June

How to: Make sourdough

The Slowpoke: HOW TO MAKE SOURDOUGH

Today, we bake bread. A good, honest sourdough loaf using a wild yeasted sourdough starter. If you didn’t catch the tutorial on making and maintaining your own sourdough starter you’ll find it here. Piero Pignatti Morano from Two Chaps, who has been talking us through the process, is back again with his well-tested recipe for a simple sourdough loaf.

What’s to love about getting in the rhythm of baking your own bread? For Piero it’s the hands-on element and the entire process itself. “It’s kind of really basic but also complex at the same time in the sense that it’s just flour and water and sourdough starter, this wild ferment that you use, so you’re producing something very versatile and staple out of something very little.”

“The hardest thing with baking bread is to develop a good baking schedule, in terms of having your starter ready at the optimum time. The bread itself is just a matter of spending the time learning how, particularly with things like shaping. And then beginning to understand how things like temperature, humidity and time will affect the bread.
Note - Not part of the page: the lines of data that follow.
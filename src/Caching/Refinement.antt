-- ===== src/Caching/Refinement.antt =====
-- What a caching block store promises: it is a partial map from block ids to byte strings, like the
-- store below it.
use libcryfs.Common.{
  ℕ, ◌≤◌, ◌≡◌, refl, ◌∙◌, ap, Bool, true, false, ◌&&◌, ◌||◌, Option, none, some, [], ◌∷◌, arith,
  if◌then◌else◌, length, Option-cases, inl, inr,
}
use libcryfs.Common.Equality.{◌==◌, bytes_eq, beq_refl}
use libcryfs.Common.Result.{ok}
use libcryfs.Common.Assoc.{
  find, erase, NodupKeys, find-append, find-erase, erase-NodupKeys, length-erase, erase_absent,
}
use libcryfs.Common.Bytes.{Data, BlockId}
use libcryfs.BlockStore.{BlockStore2, IsLawful}
use libcryfs.Caching.Queue.{QueueOps, IsQueue}
use libcryfs.Caching.Cache.{CacheEntry}
use libcryfs.Caching.Store.{
  CachedBlock, contains, Below, CachingBlockStore2, max_entries, push_block,
}
use libcryfs.Caching.Coherent.{Entries, seen, good}
use libcryfs.Caching.Pushing.{Fits, pushed, push_block-Fits}

abbrev pub entry_of : ℕ → CachedBlock → CacheEntry CachedBlock
entry_of now b = record { last_access = now; value = b }

-- The entry of block `a` where block `k` was pushed anew.
abbrev pub repushed :
    ℕ → BlockId → CachedBlock → Entries → BlockId → Option (CacheEntry CachedBlock)
repushed now k b l a = if a == k then some (entry_of now b) else find a l

find-pushed :
    (now : ℕ) (k : BlockId) (b : CachedBlock) (l : Entries) (a : BlockId)
    → find a (pushed now k b (erase k l)) ≡ repushed now k b l a
unfolding find
find-pushed now k b l a = ground (
  arith,
  find-append a (erase k l) ((k, record { last_access = now; value = b }) ∷ []),
  find-erase a k l,
)

erase-small :
    (k : BlockId) (l : Entries)
    → NodupKeys l
    → length l ≤ max_entries
    → length (erase k l) ≤ max_entries
erase-small k l distinct small = elim (Option-cases (find k l)) [
  | inl absent ↦ ground (arith, erase_absent k l absent)
  | inr (e, found) ↦ ground (arith, length-erase k e l distinct found)
]

pub record Implements {S : BlockStore2} {Q : QueueOps BlockId (CacheEntry CachedBlock)}
    {contents : S.State → BlockId → Option Data} (L : IsLawful S contents)
    (Holds : Q.State → Entries → Type 0) (s : CachingBlockStore2 S Q) (m : BlockId → Option Data)
    : Type 0 where
  pub entries : Entries
  pub fits : Fits L Holds (λ a. false) s entries
  pub view : (a : BlockId) → seen (find a entries) (contents s.below.base a) ≡ m a

module _ {S : BlockStore2} {Q : QueueOps BlockId (CacheEntry CachedBlock)}
    {contents : S.State → BlockId → Option Data} (L : IsLawful S contents)
    {Holds : Q.State → Entries → Type 0} (R : IsQueue Q Holds) where
  -- A block that was taken out of the cache, or was not in it, is pushed.
  pub repush :
      (now : ℕ) (flag : Bool) (k : BlockId) (b : CachedBlock) (q : Q.State) (w : Below S)
      (l : Entries)
      → Holds q (erase k l)
      → NodupKeys l
      → length l ≤ max_entries
      → ((a : BlockId)
          → good a
              (repushed now k b l a)
              (contents w.base a)
              (contains a w.not_in_base_store || (flag && (a == k)))
            ≡ true)
      → (t : CachingBlockStore2 S Q) × (l' : Entries) × (push_block {S = S} {Q = Q} now k b
            (record { below = w; cache = q })
          ≡ ok t)
        × Fits L Holds (λ a. flag && (a == k)) t l'
        × ((a : BlockId)
            → seen (find a l') (contents t.below.base a)
              ≡ seen (repushed now k b l a) (contents w.base a))
  repush now flag k b q w l h distinct small c =
      let (t, l', run, f, view) =
        push_block-Fits L R now flag k b (record { below = w; cache = q }) (erase k l) h
          (erase-NodupKeys k l distinct) (erase-small k l distinct small)
          (find-erase k k l ∙ rw (beq_refl k) refl) (λ a. rw (find-pushed now k b l a) (c a)) in
      (t, l', run, f, λ a. view a ∙ ap (λ e. seen e (contents w.base a)) (find-pushed now k b l a))

  -- A block was taken out of the cache, or was not in it.
  pub taken-Implements :
      (k : BlockId) (q : Q.State) (w : Below S) (l : Entries) (m : BlockId → Option Data)
      → Holds q (erase k l)
      → NodupKeys l
      → length l ≤ max_entries
      → ((a : BlockId)
          → good a
              (if a == k then none else find a l)
              (contents w.base a)
              (contains a w.not_in_base_store)
            ≡ true)
      → ((a : BlockId) → seen (if a == k then none else find a l) (contents w.base a) ≡ m a)
      → Implements {S = S} {Q = Q} L Holds (record { below = w; cache = q }) m
  taken-Implements k q w l m h distinct small c view = record {
    entries = erase k l;
    fits = record {
      holds = h;
      distinct = erase-NodupKeys k l distinct;
      small = erase-small k l distinct small;
      coherent = λ a. rw (find-erase a k l) (ground (arith, c a));
    };
    view = λ a. rw (find-erase a k l) (view a);
  }

module _ {S : BlockStore2} {Q : QueueOps BlockId (CacheEntry CachedBlock)}
    {contents : S.State → BlockId → Option Data} (L : IsLawful S contents)
    {Holds : Q.State → Entries → Type 0} (R : IsQueue Q Holds) where
  -- With an empty cache the blocks are those of the store below.
  pub new-Implements :
      (base : S.State)
      → Implements {S = S} {Q = Q} L Holds
          (record { below = record { base = base; not_in_base_store = [] }; cache = Q.new })
          (contents base)
  unfolding find
  new-Implements base = record {
    entries = [];
    fits = record { holds = R.new_lem; distinct = tt; small = ground arith; coherent = λ a. refl };
    view = λ a. refl;
  }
“The main satisfaction with baking bread is actually when you put in this soft formed shape of dough and it comes out of the oven 30 or 40 minutes afterwards as this – what you’re hoping for every day – glorious epic loaf of bread.”

You’ll need:
1kg of organic flour (try 900g white and 100g whole wheat or spelt)
600ml of filtered water
250g of sourdough starter (leaven)
10g salt

Makes two loaves.

Mixing

Start by mixing the flour, water and starter together. Leave the salt aside for now. It doesn’t have to be overly mixed in a mixer, it can be done by hand. Just so it comes together. Then let it rest.

This period is what is referred to as the ‘autolyse’ where you’re going to let the gluten begin to form without the inclusion of any salt yet. The gluten is starting to form and when the salt is added it will strengthen those bonds by stopping their development.

After the bread has rested for 30-40 minutes add the salt and mix in well. You may need to wet your hands a little so you can mix it through the dough evenly.

Folding

Now you’re going to do what’s called a series of ‘book folds’ to strengthen and stretch the strands of gluten.

Start with your round of dough, place it onto the table and make it into a reasonable square. Grab the top two corners (the furthest part away from you), and pull them up and towards you to about halfway on the square.

Do the same with the bottom two corners to meet them in the middle. Then you’re going to pull the sides and do the same thing, that’s your book fold.

Put it back in its bowl, cover it with a cloth or tea towel.

The Slowpoke: HOW TO MAKE SOURDOUGH The Slowpoke: HOW TO MAKE SOURDOUGH The Slowpoke: HOW TO MAKE SOURDOUGH The Slowpoke: HOW TO MAKE SOURDOUGH

Fermentation

Now it’s left to rest for the bulk fermentation period. At this point it’s about observing the dough and how much activity is there thanks to your sourdough starter.

Over this period, if everything’s at a fairly ambient temperature of 20-24 degrees, you will fold your bread every hour for 2-4 hours, depending on the level of activity. Usually you start to see bubbles, and start to see the dough rising in a very traditional sense, then you know its active

If there’s not a whole lot of activity, or if the weather is cooler, you will allow it to ferment and continue to fold it for a longer period, if very active you’ll do it for a shorter period. And you don’t want it to go too far because the yeast will start breaking down.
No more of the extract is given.